I have an existing case:
where Entire/Full data is read daily from multiple hive tables, Which is processed/transformed (join, aggregation, filter, etc) as mentioned in SQL query.
These SQL query are mentioned in series of YAML files , let's say there are 3 YAML file.
each result is saved to a temp view and subsequent SQL query uses the previous generated temp view until the last SQL from last YAMl is executed,
The final result is written to HIVE TABLE in format : hive_table_name_epoch.
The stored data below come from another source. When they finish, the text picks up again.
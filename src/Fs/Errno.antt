-- ===== src/Fs/Errno.antt =====
-- The results of the C functions of fs that return a number, or a negated errno on error.
-- The constants are the error numbers of Linux.
use ece344_os.Prelude.{ℕ, Bool, true, false}

abbrev pub enoent : ℕ
enoent = 2

abbrev pub enomem : ℕ
enomem = 12

abbrev pub eexist : ℕ
eexist = 17

abbrev pub enotdir : ℕ
enotdir = 20

abbrev pub eisdir : ℕ
eisdir = 21

abbrev pub einval : ℕ
einval = 22

abbrev pub efbig : ℕ
efbig = 27

abbrev pub enospc : ℕ
enospc = 28

abbrev pub enotempty : ℕ
enotempty = 39

-- An `int` result: `num n` is n, and `err e` is the negative number -e.
pub data Ret : Type 0 where
  num : ℕ → Ret
  err : ℕ → Ret

-- The test `ret < 0`.
abbrev pub is_err : Ret → Bool
is_err (num n) = false
is_err (err e) = true
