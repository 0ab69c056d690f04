-- ===== src/Fs/Bitmap.antt =====
-- fs/bitmap.c: the arrays of bits that record which inodes and blocks are in use.
-- The bytes `v` are a function from the byte's index. `none` is a failed assert.
-- malloc is taken to succeed, and `free` has no part in the model.
pub mod Words
pub mod Alloc
pub mod Count
pub mod Create
use ece344_os.Prelude.{
  ℕ, zero, suc, ◌+◌, ◌-◌, ◌*◌, ◌/◌, ◌%◌, ◌^◌, bit_and, bit_or, Bool, true, false, not, Option, none,
  some, ltb, ◌==◌, if◌then◌else◌, upd,
}
use ece344_os.Fs.Errno.{Ret, num, err, enospc}

-- `struct bitmap`
pub record Bitmap : Type 0 where
  pub nbits : ℕ
  pub v : ℕ → ℕ

-- BITS_PER_WORD and WORD_ALLBITS
abbrev pub bits_per_word : ℕ
bits_per_word = 8

abbrev pub word_allbits : ℕ
word_allbits = 0xff

-- DIVROUNDUP at `u_int32_t`
unfoldable pub divroundup : ℕ → ℕ → ℕ
divroundup a b = (a + b - 1) % 2 ^ 32 / b

-- `((WORD_TYPE) 1) << offset`
abbrev pub mask_of : ℕ → ℕ
mask_of offset = 2 ^ offset

-- The loop that marks the bits `j`, `j + 1`, ... of the last byte, `n` of them.
unfoldable pub mark_over : ℕ → ℕ → ℕ → ℕ
mark_over zero j w = w
mark_over (suc n) j w = mark_over n (j + 1) (bit_or w (mask_of j))

-- `bitmap_create`
unfoldable pub create : ℕ → Option Bitmap
create nbits =
    let words = divroundup nbits bits_per_word in
    let ix = words - 1 in
    let overbits = nbits - ix * bits_per_word in
    let over : ℕ → ℕ = upd (λ _. 0) ix (mark_over (bits_per_word - overbits) overbits 0) in
    if ltb (nbits / bits_per_word) words
    then if nbits / bits_per_word == words - 1
      then if ltb 0 overbits
        then if ltb overbits bits_per_word then some (record { nbits = nbits; v = over }) else none
        else none
      else none
    else some (record { nbits = nbits; v = λ _. 0 })

-- The inner loop of `bitmap_alloc`: the first offset from `offset` on, of `n`, that is clear.
unfoldable pub free_offset : ℕ → ℕ → ℕ → Option ℕ
free_offset zero offset w = none
free_offset (suc n) offset w =
    if bit_and w (mask_of offset) == 0 then some offset else free_offset n (offset + 1) w

-- The end of that loop: the bit is set, or `assert(0)` fails.
unfoldable pub take_bit : Bitmap → ℕ → Option ℕ → Option (Ret × Bitmap)
take_bit b ix none = none
take_bit b ix (some offset) =
    let index = (ix * bits_per_word + offset) % 2 ^ 32 in
    if ltb index b.nbits
    then some (num index, record b { v = upd b.v ix (bit_or (b.v ix) (mask_of offset)) })
    else none

-- The outer loop of `bitmap_alloc`, with `n` bytes left from `ix` on.
unfoldable pub alloc_from : ℕ → ℕ → Bitmap → Option (Ret × Bitmap)
alloc_from zero ix b = some (err enospc, b)
alloc_from (suc n) ix b =
    if not (b.v ix == word_allbits)
    then take_bit b ix (free_offset bits_per_word 0 (b.v ix))
    else alloc_from n (ix + 1) b

-- `bitmap_alloc`
unfoldable pub alloc : Bitmap → Option (Ret × Bitmap)
alloc b = alloc_from (divroundup b.nbits bits_per_word) 0 b

-- `bitmap_isset`, with `bitmap_translate`
unfoldable pub isset : Bitmap → ℕ → Bool
isset b index = not (bit_and (b.v (index / bits_per_word)) (mask_of (index % bits_per_word)) == 0)

-- `bitmap_mark`
unfoldable pub mark : Bitmap → ℕ → Option Bitmap
mark b index =
    let ix = index / bits_per_word in
    let mask = mask_of (index % bits_per_word) in
    if ltb index b.nbits
    then if bit_and (b.v ix) mask == 0
      then some (record b { v = upd b.v ix (bit_or (b.v ix) mask) })
      else none
    else none

-- `bitmap_unmark`: `~mask` on a byte is `0xff - mask`.
unfoldable pub unmark : Bitmap → ℕ → Option Bitmap
unmark b index =
    let ix = index / bits_per_word in
    let mask = mask_of (index % bits_per_word) in
    if ltb index b.nbits
    then if not (bit_and (b.v ix) mask == 0)
      then some (record b { v = upd b.v ix (bit_and (b.v ix) (word_allbits - mask)) })
      else none
    else none

-- The loop of `bitmap_nr_allocated`, over the first `n` bits.
unfoldable pub count_bits : Bitmap → ℕ → ℕ
count_bits b zero = 0
count_bits b (suc n) = if isset b n then count_bits b n + 1 else count_bits b n

-- `bitmap_nr_allocated`
unfoldable pub nr_allocated : Bitmap → ℕ
nr_allocated b = count_bits b b.nbits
Data Volume: ~400,000,000 (400 Million)
Data Size: ~ 400 Gib
Execution Time: ~25 min
New use case: Trying to integrate Open Table Format (Delta lake or Apache Hudi). Aim: is to maintain only one hive table instead of creating hive table each day and to avoid writing entire data again and again, Instead write only required updates, new inserts and deletes
Data Volume: ~400,000,000 (400 Million)
Data Size: ~ 400 Gib
Execution Time: ~ 1.10 hr
Case 2: Using Apache Hudi Data Volume: ~400,000,000 (400 Million)
Data Size: ~ 400 Gib
Execution Time: ~ 40 min
Question: Still the older concept of processing and writing entire data daily performs far better, than using open table format.
Is the existing case really feasibly to integrate with incremental concept ?
May be if we some how make our data CDC , then it would make sense.